In the chapter on “A New Era of Clinical Research Methods in a Data Rich Environment” in Hesse et al., Oncology Informatics, I described the evolution from a data poor science in which data were generated to answer specific research questions (and then often discarded) to a data rich science in which voluminous and temporally dense data are generated from many sources that can be applied to answer a range of research questions. Although the behavioral and social sciences have seen an explosion of data sources from smartphones, sensor technologies, electronic health records, social media, and administrative data repositories, we continue to train our doctoral students in the methods of a data poor science. For example, Aiken and West compared their study of methods training in psychology programs in 1990 to 2007 and concluded that “the research design curriculum has largely stagnated.” Despite a paradigm-shifting change in new data sources and approaches, research methods and statistics training for behavioral and social science graduates remains largely unchanged. A 2017 workshop of the National Academies of Science, Engineering, and Medicine on Graduate Training in the Social and Behavioral Sciences came to a similar conclusion.

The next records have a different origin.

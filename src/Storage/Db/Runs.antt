-- ===== src/Storage/Db/Runs.antt =====
-- Runs of the operations of pkg/storage/db.go refine a map of keys.
use shardlands.Prelude.{
  ℕ, ◌≡◌, refl, ◌==◌, ◌∙◌, Bool, true, false, List, [], ◌∷◌, Option, none, some, leb, if◌then◌else◌,
  length,
}
use shardlands.Storage.Bytes.{Bytes}
use shardlands.Storage.Memtable
use shardlands.Storage.Memtable.{Rec}
use shardlands.Storage.Table.{Table}
use shardlands.Storage.Wal.{Wal, Io, append, reset}
use shardlands.Storage.Db.{
  Db, Fault, no_fault, at_table, at_open, at_manifest, at_reset, at_removals, Got, on_reset,
  with_table, write_manifest, flushed, flush_locked, compacted, compact_locked, then_compact,
  on_append, write, flush, compact,
}
use shardlands.Storage.Db.Writes.{updated}

-- An operation, with what the system makes of it.
pub data Op : Type 0 where
  write_op : Io → Fault → Fault → Rec → Op
  flush_op compact_op : Fault → Op

module _ (crc : Bytes → ℕ) (optimal : ℕ → ℕ) (draws : List ℕ) where
  -- Whether a write is logged, and so seen from then on.
  unfoldable pub accepted : Io → Rec → Db → Bool
  accepted io r db =
      if db.closed then false else if length r.key == 0 then false else (append crc io r db.wal).0

  abbrev pub map_after : Bool → Rec → (Bytes → Got) → Bytes → Got
  map_after true r c = updated r c
  map_after false r c = c

  abbrev pub step : Op → Db → Db
  step (write_op io f g r) db = (write crc optimal draws io f g r db).1
  step (flush_op f) db = (flush crc optimal draws f db).1
  step (compact_op f) db = (compact crc optimal draws f db).1

  unfoldable pub run : List Op → Db → Db
  run [] db = db
  run (o ∷ os) db = run os (step o db)

  -- The specification: a map, which only a write that is logged changes.
  abbrev pub spec_step : Op → Db → (Bytes → Got) → Bytes → Got
  spec_step (write_op io f g r) db c = map_after (accepted io r db) r c
  spec_step (flush_op f) db c = c
  spec_step (compact_op f) db c = c

  unfoldable pub run_spec : List Op → Db → (Bytes → Got) → Bytes → Got
  run_spec [] db c = c
  run_spec (o ∷ os) db c = run_spec os (step o db) (spec_step o db c)

  -- Which operations stay open.
  if_closed :
      (b : Bool) (x y : Bool × Db) (v : Bool)
      → x.1.closed ≡ v
      → y.1.closed ≡ v
      → (if b then x else y).1.closed ≡ v
  if_closed true x y v p q = p
  if_closed false x y v p q = q

  on_reset_closed :
      (p : Bool × Wal) (db : Db) → (on_reset crc optimal draws p db).1.closed ≡ db.closed
  on_reset_closed (true, w) db = refl
  on_reset_closed (false, w) db = refl

  flushed_closed :
      (f : Fault) (o : Option Table) (db : Db)
      → (flushed crc optimal draws f o db).1.closed ≡ db.closed
  flushed_closed f none db = refl
  flushed_closed at_table (some t) db = refl
  flushed_closed at_open (some t) db = refl
  flushed_closed at_manifest (some t) db = refl
  flushed_closed at_reset (some t) db =
      on_reset_closed (reset false db.wal)
        (write_manifest crc optimal draws (with_table crc optimal draws t db.tables db))
  flushed_closed no_fault (some t) db =
      on_reset_closed (reset true db.wal)
        (write_manifest crc optimal draws (with_table crc optimal draws t db.tables db))
  flushed_closed (at_removals goes) (some t) db =
      on_reset_closed (reset true db.wal)
        (write_manifest crc optimal draws (with_table crc optimal draws t db.tables db))

  flush_locked_closed :
      (f : Fault) (db : Db) → (flush_locked crc optimal draws f db).1.closed ≡ db.closed
  unfolding flush_locked
  flush_locked_closed f db =
      if_closed (db.mem.n == 0) (true, db) (flushed crc optimal draws f _ db) db.closed refl
        (flushed_closed f _ db)

  compacted_closed :
      (f : Fault) (o : Option Table) (db : Db)
      → (compacted crc optimal draws f o db).1.closed ≡ db.closed
  compacted_closed f none db = refl
  compacted_closed at_table (some t) db = refl
  compacted_closed at_open (some t) db = refl
  compacted_closed at_manifest (some t) db = refl
  compacted_closed at_reset (some t) db = refl
  compacted_closed no_fault (some t) db = refl
  compacted_closed (at_removals goes) (some t) db = refl

  compact_locked_closed :
      (f : Fault) (db : Db) → (compact_locked crc optimal draws f db).1.closed ≡ db.closed
  unfolding compact_locked
  compact_locked_closed f db =
      if_closed _ (true, db) (compacted crc optimal draws f _ db) db.closed refl
        (compacted_closed f _ db)

  then_compact_closed :
      (g : Fault) (p : Bool × Db) → (then_compact crc optimal draws g p).1.closed ≡ p.1.closed
  then_compact_closed g (false, db) = refl
  then_compact_closed g (true, db) =
      if_closed (leb db.opts.compact_at (length db.tables)) (compact_locked crc optimal draws g db)
        (true, db) db.closed (compact_locked_closed g db) refl

  on_append_closed :
      (f g : Fault) (r : Rec) (db : Db) (p : Bool × Wal)
      → (on_append crc optimal draws f g r db p).1.closed ≡ db.closed
  on_append_closed f g r db (false, w) = refl
  on_append_closed f g r db (true, w) =
      let next : Db = record db { wal = w; mem = Memtable.put r db.mem } in
      if_closed _ (then_compact crc optimal draws g (flush_locked crc optimal draws f next))
        (true, next) db.closed
        (then_compact_closed g (flush_locked crc optimal draws f next) ∙ flush_locked_closed f next)
        refl

  pub step_closed : (o : Op) (db : Db) → (step o db).closed ≡ db.closed
  step_closed (write_op io f g r) db =
      unfold write in
      (if_closed db.closed (false, db) _ db.closed refl
        (if_closed (length r.key == 0) (false, db) _ db.closed refl
          (on_append_closed f g r db (append crc io r db.wal))))
  step_closed (flush_op f) db =
      unfold flush in (if_closed db.closed (false, db) _ db.closed refl (flush_locked_closed f db))
  step_closed (compact_op f) db =
      unfold compact in
      (if_closed db.closed (false, db) _ db.closed refl (compact_locked_closed f db))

To address this problem and facilitate data science training commensurate with the data now available for behavioral and social sciences research, a group of NIH-wide staff, led by Liz Ginexi at the OBSSR, identified the key behavioral and social science training needs in data science, identified the current support for this training by the NIH, and developed and released a request for applications (RFA) on Predoctoral Training in Advanced Data Analytics for Behavioral and Social Sciences Research (TADA-BSSR). The vision of the TADA-BSSR T32 initiative is to develop a cohort of specialized predoctoral candidates who possess advanced competencies in data science analytics to apply to an increasingly complex landscape of behavioral and social health-related big data. These predoctoral training programs were encouraged to integrate computer science, informatics, mathematics, and statistics into behavioral and social sciences research training.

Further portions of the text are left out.